Architecture and the Senses in the Italian Renaissance

Architecture and the Senses in the Italian Renaissance PDF Author: David Karmon
Publisher: Cambridge University Press
ISBN: 1108808476
Category : Art
Languages : en
Pages : 490

Book Description
This is the first study of Renaissance architecture as an immersive, multisensory experience that combines historical analysis with the evidence of first-hand accounts. Questioning the universalizing claims of contemporary architectural phenomenologists, David Karmon emphasizes the infinite variety of meanings produced through human interactions with the built environment. His book draws upon the close study of literary and visual sources to prove that early modern audiences paid sustained attention to the multisensory experience of the buildings and cities in which they lived. Through reconstructing the Renaissance understanding of the senses, we can better gauge how constant interaction with the built environment shaped daily practices and contributed to new forms of understanding. Architecture and the Senses in the Italian Renaissance offers a stimulating new approach to the study of Renaissance architecture and urbanism as a kind of 'experiential trigger' that shaped ways of both thinking and being in the world.
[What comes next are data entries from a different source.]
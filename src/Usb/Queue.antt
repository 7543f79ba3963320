-- ===== src/Usb/Queue.antt =====
-- usb/xhci.c: runs of the event ring against a queue.
use os_from_scratch_graphic.Prelude.{
  ℕ, suc, ◌+◌, ◌/◌, ◌%◌, ◌≡◌, ◌≢◌, ◌≤◌, ◌<◌, ◌⊎◌, inl, inr, refl, ap, ◌∙◌, true, false, List, [],
  ◌∷◌, ◌++◌, map, arith, length, length-append, ltb, ◌==◌, if◌then◌else◌,
}
use os_from_scratch_graphic.Usb.Command.{Trb, trb_at}
use os_from_scratch_graphic.Usb.Events.{Events, has_event, consume}
use os_from_scratch_graphic.Usb.Order.{
  IsRing, trb_at-dequeue, has_event-queue, has_event-empty, consume-IsRing, stamp, write_event,
  write_event-IsRing,
}

-- What happens at the ring: the controller has an event, which it writes unless the slot behind it is the one that
-- the driver reads next, or the driver looks.
pub data Action : Type 0 where
  arrives : Trb → Action
  looks : Action

-- An event without its cycle bit.
abbrev pub payload : Trb → Trb
payload t = record t { d = t.d / 2 }

-- The events that the looks of a run take out, for the controller at position `w`.
unfoldable pub ring_run : ℕ → Events → List Action → List Trb
ring_run w e [] = []
ring_run w e (arrives t ∷ acts) =
    let kept = ring_run w e acts in
    let written = ring_run (suc w) (write_event e w t) acts in
    if (w + 1) % 256 == e.er_dequeue_idx then kept else written
ring_run w e (looks ∷ acts) =
    let taken = payload (trb_at e.ring e.er_dequeue_idx) ∷ ring_run w (consume e) acts in
    let rest = ring_run w e acts in if has_event e then taken else rest

-- A queue of at most 255 events.
unfoldable pub queue_run : List Trb → List Action → List Trb
queue_run q [] = []
queue_run q (arrives t ∷ acts) =
    queue_run (if ltb (length q) 255 then q ++ (payload t ∷ []) else q) acts
queue_run [] (looks ∷ acts) = queue_run [] acts
queue_run (t ∷ q) (looks ∷ acts) = t ∷ queue_run q acts

-- Every event has a type.
abbrev pub AreTyped : List Action → Type 0
AreTyped [] = Unit
AreTyped (arrives t ∷ acts) = (t.d / 2 ≢ 0) × AreTyped acts
AreTyped (looks ∷ acts) = AreTyped acts

lt_cases : (a b : ℕ) → (a < b) ⊎ (b ≤ a)
lt_cases a b = omega arith

length-map : (es : List Trb) → length (map payload es) ≡ length es
length-map [] = refl
length-map (t ∷ es) = ap suc (length-map es)

map-snoc :
    (es : List Trb) (t : Trb) → map payload (es ++ (t ∷ [])) ≡ map payload es ++ (payload t ∷ [])
map-snoc [] t = refl
map-snoc (x ∷ es) t = ap (λ r. payload x ∷ r) (map-snoc es t)

payload-stamp : (w : ℕ) (t : Trb) → payload (stamp w t) ≡ payload t
payload-stamp w t = ap (λ d. record t { d = d }) (omega arith)

-- From a ring that holds the events `es`, in any run of events that have a type, the looks of the driver take the
-- events out as a bounded queue gives them: each once, none skipped and in their order, over any number of rounds of
-- the ring, with nothing taken when none is there. The controller leaves one slot free.
pub ring_run-eq-queue_run :
    (acts : List Action) (e : Events) (n : ℕ) (es : List Trb)
    → IsRing e n es
    → AreTyped acts
    → ring_run (n + length es) e acts ≡ queue_run (map payload es) acts
unfolding ring_run queue_run
ring_run-eq-queue_run [] e n es r typed = refl
ring_run-eq-queue_run (arrives t ∷ acts) e n es r typed = elim (lt_cases (length es) 255) [
  | inl room ↦
      rw (not_full room, length-map es, has_room room)
        (ap (λ w. ring_run w (write_event e (n + length es) t) acts) (longer room)
          ∙ (ring_run-eq-queue_run acts (write_event e (n + length es) t) n
                (es ++ (stamp (n + length es) t ∷ [])) (write_event-IsRing e n es t r room typed.0)
                typed.1
              ∙ ap (λ q. queue_run q acts)
                  (map-snoc es (stamp (n + length es) t)
                    ∙ ap (λ p. map payload es ++ (p ∷ [])) (payload-stamp (n + length es) t))))
  | inr full ↦
      rw (is_full full, length-map es, no_room full) (ring_run-eq-queue_run acts e n es r typed.1)
]
  where
    not_full : length es < 255 → (n + length es + 1) % 256 == e.er_dequeue_idx ≡ false
    not_full room = let at = r.idx in ground arith

    is_full : 255 ≤ length es → (n + length es + 1) % 256 == e.er_dequeue_idx ≡ true
    is_full full = let at = r.idx in let few = r.few in ground arith

    has_room : length es < 255 → ltb (length es) 255 ≡ true
    has_room room = ground arith

    no_room : 255 ≤ length es → ltb (length es) 255 ≡ false
    no_room full = ground arith

    longer :
        length es < 255 → suc (n + length es) ≡ n + length (es ++ (stamp (n + length es) t ∷ []))
    longer room = omega (arith, length-append es (stamp (n + length es) t ∷ []))
ring_run-eq-queue_run (looks ∷ acts) e n [] r typed =
    rw (has_event-empty e n r) (ring_run-eq-queue_run acts e n [] r typed)
ring_run-eq-queue_run (looks ∷ acts) e n (t ∷ es) r typed =
    rw (has_event-queue e n t es r, trb_at-dequeue e n (t ∷ es) r)
      (ap (λ rest. payload t ∷ rest)
        (ap (λ w. ring_run w (consume e) acts) {x = n + suc (length es)} {y = suc n + length es}
            (omega arith)
          ∙ ring_run-eq-queue_run acts (consume e) (suc n) es (consume-IsRing e n t es r) typed))
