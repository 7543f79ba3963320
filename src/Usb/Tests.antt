-- ===== src/Usb/Tests.antt =====
-- usb/: the event ring with two events, a command ring at its end, and the descriptors of an Ethernet adapter.
use os_from_scratch_graphic.Prelude.{
  ℕ, zero, suc, ◌+◌, ◌*◌, ◌%◌, ◌≡◌, ◌≢◌, refl, true, false, none, some, List, [], ◌∷◌, arith,
  length-replicate, replicate, get_or, set,
}
use os_from_scratch_graphic.Endian.{Bytes}
use os_from_scratch_graphic.Memory.{Memory}
use os_from_scratch_graphic.Usb.Command.{Trb, no_trb, Command}
use os_from_scratch_graphic.Usb.Events.{
  Events, Xhci, op_register, erdp_with_cycle, xhci_wait_for_command_completion,
}
use os_from_scratch_graphic.Usb.Order.{IsRing, stamp, write_event, write_event-IsRing}
use os_from_scratch_graphic.Usb.Queue.{arrives, looks, ring_run, queue_run, ring_run-eq-queue_run}
use os_from_scratch_graphic.Usb.Completion.{PointsTo, xhci_wait_for_command_completion-completes}
use os_from_scratch_graphic.Usb.Published.{Published}
use os_from_scratch_graphic.Usb.Descriptors.{found_net}
use os_from_scratch_graphic.Usb.Interfaces.{laid, is_net, declares_net, found_net-laid}
use os_from_scratch_graphic.Usb.Program.{xhci_program_event_ring}
use os_from_scratch_graphic.Usb.Clobber.{last_written, xhci_program_event_ring-overwrites}

get_or-replicate : {A : Type 0} (n i : ℕ) (a : A) → get_or (replicate n a) i a ≡ a
get_or-replicate zero i a = refl
get_or-replicate (suc n) zero a = refl
get_or-replicate (suc n) (suc i) a = get_or-replicate n i a

-- An event ring at 1 MiB.
unfoldable fresh : Events
fresh = record {
  er_buffer = 0x100000;
  ring = replicate 256 no_trb;
  erst = 0x101000;
  erst_size = 1;
  er_dequeue_idx = 0;
  er_expected_cycle = 1;
}

fresh-IsRing : IsRing fresh 0 []
unfolding fresh
fresh-IsRing = record {
  size = length-replicate 256 no_trb;
  idx = refl;
  cycle = refl;
  few = omega arith;
  entries = λ k l. get_or-replicate 256 ((0 + k) % 256) no_trb;
  marked = λ k l. absurd (omega arith);
}

-- A change of a port, and the completion of the command in the first entry of the ring at 2 MiB, with code 1.
abbrev port_change : Trb
port_change = record { a = 0x01000000; b = 0; c = 0x01000000; d = 34 * 1024 }

abbrev completion : Trb
completion = record { a = 0x200000; b = 0; c = 0x01000000; d = 33 * 1024 }

-- The driver looks at an empty ring, the controller has two events, and the driver looks again.
ring_run-eq-queue_run_example :
    ring_run 0 fresh (looks ∷ (arrives port_change ∷ (arrives completion ∷ (looks ∷ []))))
    ≡ queue_run [] (looks ∷ (arrives port_change ∷ (arrives completion ∷ (looks ∷ []))))
ring_run-eq-queue_run_example =
    ring_run-eq-queue_run (looks ∷ (arrives port_change ∷ (arrives completion ∷ (looks ∷ []))))
      fresh 0 [] fresh-IsRing (omega arith, (omega arith, tt))

unfoldable two_events : Events
two_events = write_event (write_event fresh 0 port_change) 1 completion

two_events-IsRing : IsRing two_events 0 (stamp 0 port_change ∷ (stamp 1 completion ∷ []))
unfolding two_events
two_events-IsRing =
    write_event-IsRing (write_event fresh 0 port_change) 0 (stamp 0 port_change ∷ []) completion
      (write_event-IsRing fresh 0 [] port_change fresh-IsRing (omega arith) (omega arith))
      (omega arith) (omega arith)

unfoldable ring : Command
ring = record {
  cmd_ring = 0x200000;
  trbs = replicate 256 no_trb;
  pending = replicate 256 true;
  head = 255;
  cycle = 1;
  tokens = replicate 256 0;
  token_counter = 7;
  last_start = none;
  last_count = 0;
  last_token = 0;
}

abbrev zeros : Memory
zeros p = 0

unfoldable machine : Xhci
machine = record {
  context = record { phys_base = 0xfebf0000; cap_is_io = false; caplen = 0x40; num_ports = 8 };
  command = ring;
  events = two_events;
  dcbaa = 0;
  dev_ctx = 0;
  ep0_ring = 0;
  ep0_rst = 0;
  slot_enabled = false;
  hw_enable = true;
  mem = zeros;
  heap = 0x300000;
  writes = [];
  clock = 0;
}

machine_ready : machine.events.er_buffer ≢ 0
unfolding machine two_events fresh
machine_ready = omega arith

machine_erst : machine.events.erst ≢ 0
unfolding machine two_events fresh
machine_erst = omega arith

machine-PointsTo : PointsTo machine.command (stamp 1 completion) 0
unfolding machine ring
machine-PointsTo = (omega arith, omega arith, omega arith)

-- The port event is passed over, and the completion ends the wait.
xhci_wait_for_command_completion-completes_example :
    (after : Xhci) × ((xhci_wait_for_command_completion (λ i s. s) machine 2000 ≡ (some 1, after))
      × (IsRing after.events 2 []
          × (after.command
              ≡ record (machine.command) { pending = set machine.command.pending 0 false })))
unfolding machine
xhci_wait_for_command_completion-completes_example =
    xhci_wait_for_command_completion-completes (λ i s. s) (λ i s. refl) machine 2000 0 0
      (stamp 0 port_change ∷ []) (stamp 1 completion) [] machine_ready two_events-IsRing (refl, tt)
      refl machine-PointsTo (omega arith)

-- A configuration, an interface of the class 0x02 and an endpoint.
abbrev adapter : List Bytes
adapter =
    (9 ∷ 2 ∷ 25 ∷ 0 ∷ 1 ∷ 1 ∷ 0 ∷ 0x80 ∷ 50 ∷ [])
    ∷ ((9 ∷ 4 ∷ 0 ∷ 0 ∷ 1 ∷ 2 ∷ 6 ∷ 0 ∷ 0 ∷ []) ∷ ((7 ∷ 5 ∷ 0x81 ∷ 3 ∷ 16 ∷ 0 ∷ 9 ∷ []) ∷ []))

found_net-laid_example : found_net (laid adapter (4 ∷ [])) 25 ≡ some true
unfolding declares_net is_net
found_net-laid_example =
    found_net-laid adapter (4 ∷ [])
      ((omega arith, refl), ((omega arith, refl), ((omega arith, refl), tt)))

-- A controller whose registers all read as 0.
xhci_program_event_ring-overwrites_example :
    let y = (xhci_program_event_ring (λ ws r. 0) machine).1 in
    (last_written (op_register machine 0x30) y.writes ≡ some (erdp_with_cycle machine.events))
    × (last_written (op_register machine 0x38) y.writes ≡ some (erdp_with_cycle machine.events))
xhci_program_event_ring-overwrites_example =
    xhci_program_event_ring-overwrites (λ ws r. 0) machine machine_ready machine_erst
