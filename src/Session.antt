-- ===== src/Session.antt =====
-- handshake.rs, peer_manager.rs and packet_handler.rs together: from a handshake to messages that the
-- other node can open.
mod Tests
use gwyh.Base.{
  ℕ, ◌+◌, ◌≡◌, ◌≢◌, refl, ap, sym, ◌∙◌, Bool, true, Option, none, some, List, [], ◌∷◌, ◌++◌, arith,
  ℕ_discrete, ◌>>=◌,
}
use gwyh.Base.Dict.{Dict, lookup, lookup-insert}
use gwyh.External.{Uuid, SocketAddr, Bytes, Text, KeyPair, PublicKey, Nonce, Timestamp, Entropy}
use gwyh.Peer.{Peer}
use gwyh.Message.{Message, Body, PeerStatus, up}
use gwyh.Actor.{PeerKeys, AndThen, PacketHandlerMessage, call, to_packet_handler, keys_updated}
use gwyh.PeerManager.State.{PeerManager, start_reassign_timer}
use gwyh.PeerManager.Subscriptions.{add_peer, merge_peer, update_keys, replaces}
use gwyh.PeerManager.Invariant.{Inv}
use gwyh.PeerManager.Preserve.{merge-Inv}
use gwyh.PeerManager.Keys.{keys_with, update_keys_lem}
use gwyh.PeerManager.Departures.{start_reassign_timer-out}
use gwyh.Handshaker.Hmac.{Hashing, is_valid_timestamp_for}
use gwyh.Handshaker.State.{Handshaker}
use gwyh.Handshaker.SharedKey.{Has}
use gwyh.Handshaker.LastSent.{last_status}
use gwyh.Handshaker.Agreement.{handshake_run, peer_of_bob, peer_of_alice, handshake_run_agrees}
use gwyh.PacketHandler.State.{PacketHandler, Lru, Crypto}
use gwyh.PacketHandler.Send.{encrypt, decrypt}
use gwyh.PacketHandler.Recv.{handle_message}
use gwyh.PacketHandler.Fanout.{Encrypts}
use gwyh.PacketHandler.Arrival.{Codec, decrypt-encrypt}

-- The peer manager gives the keys of a new peer to the packet handler.
add_peer-keys :
    (ent : Entropy) (p : Peer) (keypair : KeyPair) (public_key : PublicKey) (m : PeerManager)
    → Inv m
    → lookup ℕ_discrete p.id m.known ≡ none
    → p.our_keypair ≡ some keypair
    → p.their_public_key ≡ some public_key
    → (keys : Dict Uuid PeerKeys) × ((add_peer ent p m).io.out
        ≡ m.io.out ++ to_packet_handler call (keys_updated keys) ∷ [])
      × (lookup ℕ_discrete p.id keys ≡ some (p.sockaddr, keypair, public_key))
unfolding add_peer merge_peer replaces
add_peer-keys ent p keypair public_key m v new ours theirs =
    let m' : PeerManager = record m { known = merge_peer p m.known } in
    let (keys, e, found) = update_keys_lem m' (merge-Inv p m v) in
    let known : lookup ℕ_discrete p.id m'.known ≡ some p =
      ground (arith, new, lookup-insert ℕ_discrete p.id p.id p m.known) in
    (
      keys,
      start_reassign_timer-out ent (update_keys m') ∙ ap (λ (x : PeerManager). x.io.out) e,
      found p.id ∙ ap (λ o. o >>= keys_with) known ∙ ground (arith, ours, theirs),
    )

-- The key pairs of a source of randomness belong together.
abbrev pub PairsMatch : {crypto : Crypto} → Codec crypto → Entropy → Type 0
PairsMatch codec ent =
    (n : ℕ) → (ent.gen_keypair n).public_key ≡ codec.public_of (ent.gen_keypair n).secret_key

module _ (ent_a ent_b : Entropy) (hs : Hashing) (addr_a addr_b : SocketAddr)
    (began now_a now_b : Timestamp) (and_then : Option AndThen) {Seen : Type 0} (crypto : Crypto)
    (codec : Codec crypto) (lru : Lru Seen) where
  -- From the hello to the first message, under the conditions under which a handshake completes,
  -- between nodes whose peer managers satisfy their invariant and do not know each other yet: each
  -- handshaker reports the other node, each peer manager that is told so calls its packet handler
  -- with new keys, and then what one node encrypts with the keys that it has for the other is
  -- decrypted there. (Generated key pairs belong together, and encryption succeeds.)
  pub handshake_run-decrypts :
      (a b : Handshaker) (hashed_a hashed_b : List Bytes) (hashed : Bytes) (key : Text)
      (ma mb : PeerManager) (t : PacketHandler Seen) (message_id : Uuid) (payload : Bytes)
      (nonce : Nonce) (now : Timestamp)
      → a.nodeinfo.id ≢ b.nodeinfo.id
      → a.hashed_keys ≡ some hashed_a
      → b.hashed_keys ≡ some hashed_b
      → Has hashed hashed_a
      → Has hashed hashed_b
      → Has key a.nodeinfo.keys
      → Has key b.nodeinfo.keys
      → is_valid_timestamp_for began now_a ≡ true
      → is_valid_timestamp_for began now_b ≡ true
      → hs.has_nanos began ≡ true
      → PairsMatch codec ent_a
      → PairsMatch codec ent_b
      → Encrypts crypto
      → Inv ma
      → Inv mb
      → lookup ℕ_discrete b.nodeinfo.id ma.known ≡ none
      → lookup ℕ_discrete a.nodeinfo.id mb.known ≡ none
      → let message : Message = record { id = message_id; body = Body.broadcast payload } in
        (a' b' : Handshaker) × (bob alice : Peer) × (keys_a keys_b : Dict Uuid PeerKeys)
        × (ours : KeyPair) × (theirs : PublicKey) × (box : Bytes) × (handshake_run ent_a ent_b hs
              addr_a addr_b began now_a now_b and_then a b
            ≡ some (a', b'))
        × (last_status a'.io.out ≡ some (record { peer = bob; state = up }))
        × (last_status b'.io.out ≡ some (record { peer = alice; state = up }))
        × ((add_peer ent_a bob ma).io.out
            ≡ ma.io.out ++ to_packet_handler call (keys_updated keys_a) ∷ [])
        × ((add_peer ent_b alice mb).io.out
            ≡ mb.io.out ++ to_packet_handler call (keys_updated keys_b) ∷ [])
        × (lookup ℕ_discrete b.nodeinfo.id keys_a ≡ some (addr_b, ours, theirs))
        × (encrypt crypto message ours theirs nonce ≡ some (box, nonce))
        × (decrypt crypto a.nodeinfo.id box nonce
              (handle_message crypto lru ent_b now (PacketHandlerMessage.keys_updated keys_b) t)
            ≡ some message)
  unfolding handle_message encrypt
  handshake_run-decrypts a b hashed_a hashed_b hashed key ma mb t message_id payload nonce now other
        ea eb ha hb ka kb va vb nanos pa pb total ia ib na nb =
      let bob = peer_of_bob ent_a ent_b hs addr_a addr_b began now_a now_b and_then a b in
      let alice = peer_of_alice ent_a ent_b hs addr_a addr_b began now_a now_b and_then a b in
      let pair_a = ent_a.gen_keypair (a.io.draws + 1) in
      let pair_b = ent_b.gen_keypair b.io.draws in
      let message : Message = record { id = message_id; body = Body.broadcast payload } in
      let (a', b', run, told_a, told_b) =
        handshake_run_agrees ent_a ent_b hs addr_a addr_b began now_a now_b and_then a b hashed_a
          hashed_b hashed key other ea eb ha hb ka kb va vb nanos in
      let (keys_a, out_a, found_a) =
        add_peer-keys ent_a bob pair_a pair_b.public_key ma ia na refl refl in
      let (keys_b, out_b, found_b) =
        add_peer-keys ent_b alice pair_b pair_a.public_key mb ib nb refl refl in
      let (box, made) =
        total (crypto.encode_message message) nonce pair_b.public_key pair_a.secret_key in
      let sealed : encrypt crypto message pair_a pair_b.public_key nonce ≡ some (box, nonce) =
        rw (made, encrypt) refl in
      (
        a',
        b',
        bob,
        alice,
        keys_a,
        keys_b,
        pair_a,
        pair_b.public_key,
        box,
        run,
        told_a,
        told_b,
        out_a,
        out_b,
        found_a,
        sealed,
        decrypt-encrypt crypto codec message_id payload pair_a pair_b addr_a nonce box a.nodeinfo.id
            (handle_message crypto lru ent_b now (PacketHandlerMessage.keys_updated keys_b) t)
            (pa _) (pb _) found_b sealed,
      )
Victorian Perceptions of Renaissance Architecture

Victorian Perceptions of Renaissance Architecture PDF Author: Katherine Wheeler
Publisher: Routledge
ISBN: 1351537768
Category : Art
Languages : en
Pages : 207

Book Description
In the mid-1880s The Builder, an influential British architectural journal, published an article characterizing Renaissance architecture as a corrupt bastardization of the classical architecture of Greece and Rome. By the turn of the century, however, the same journal praised the Renaissance architect Filippo Brunelleschi as the ?Christopher Columbus of modern architecture.? Victorian Perceptions of Renaissance Architecture, 1850-1914 examines these conflicting characterizations and reveals how the writing of architectural history was intimately tied to the rise of the professional architect and the formalization of architectural education in late nineteenth-century Britain. Drawing on a broad range of evidence, including literary texts, professional journals, university curricula, and census records, Victorian Perceptions reframes works by seminal authors such as John Ruskin, Walter Pater, John Addington Symonds, and Geoffrey Scott alongside those by architect-authors such as William J. Anderson and Reginald Blomfield within contemporary architectural debates. Relevant for architectural historians, as well as literary scholars and those in Victorian studies, Victorian Perceptions reassesses the history of Renaissance architecture within the formation of a modern, British architectural profession.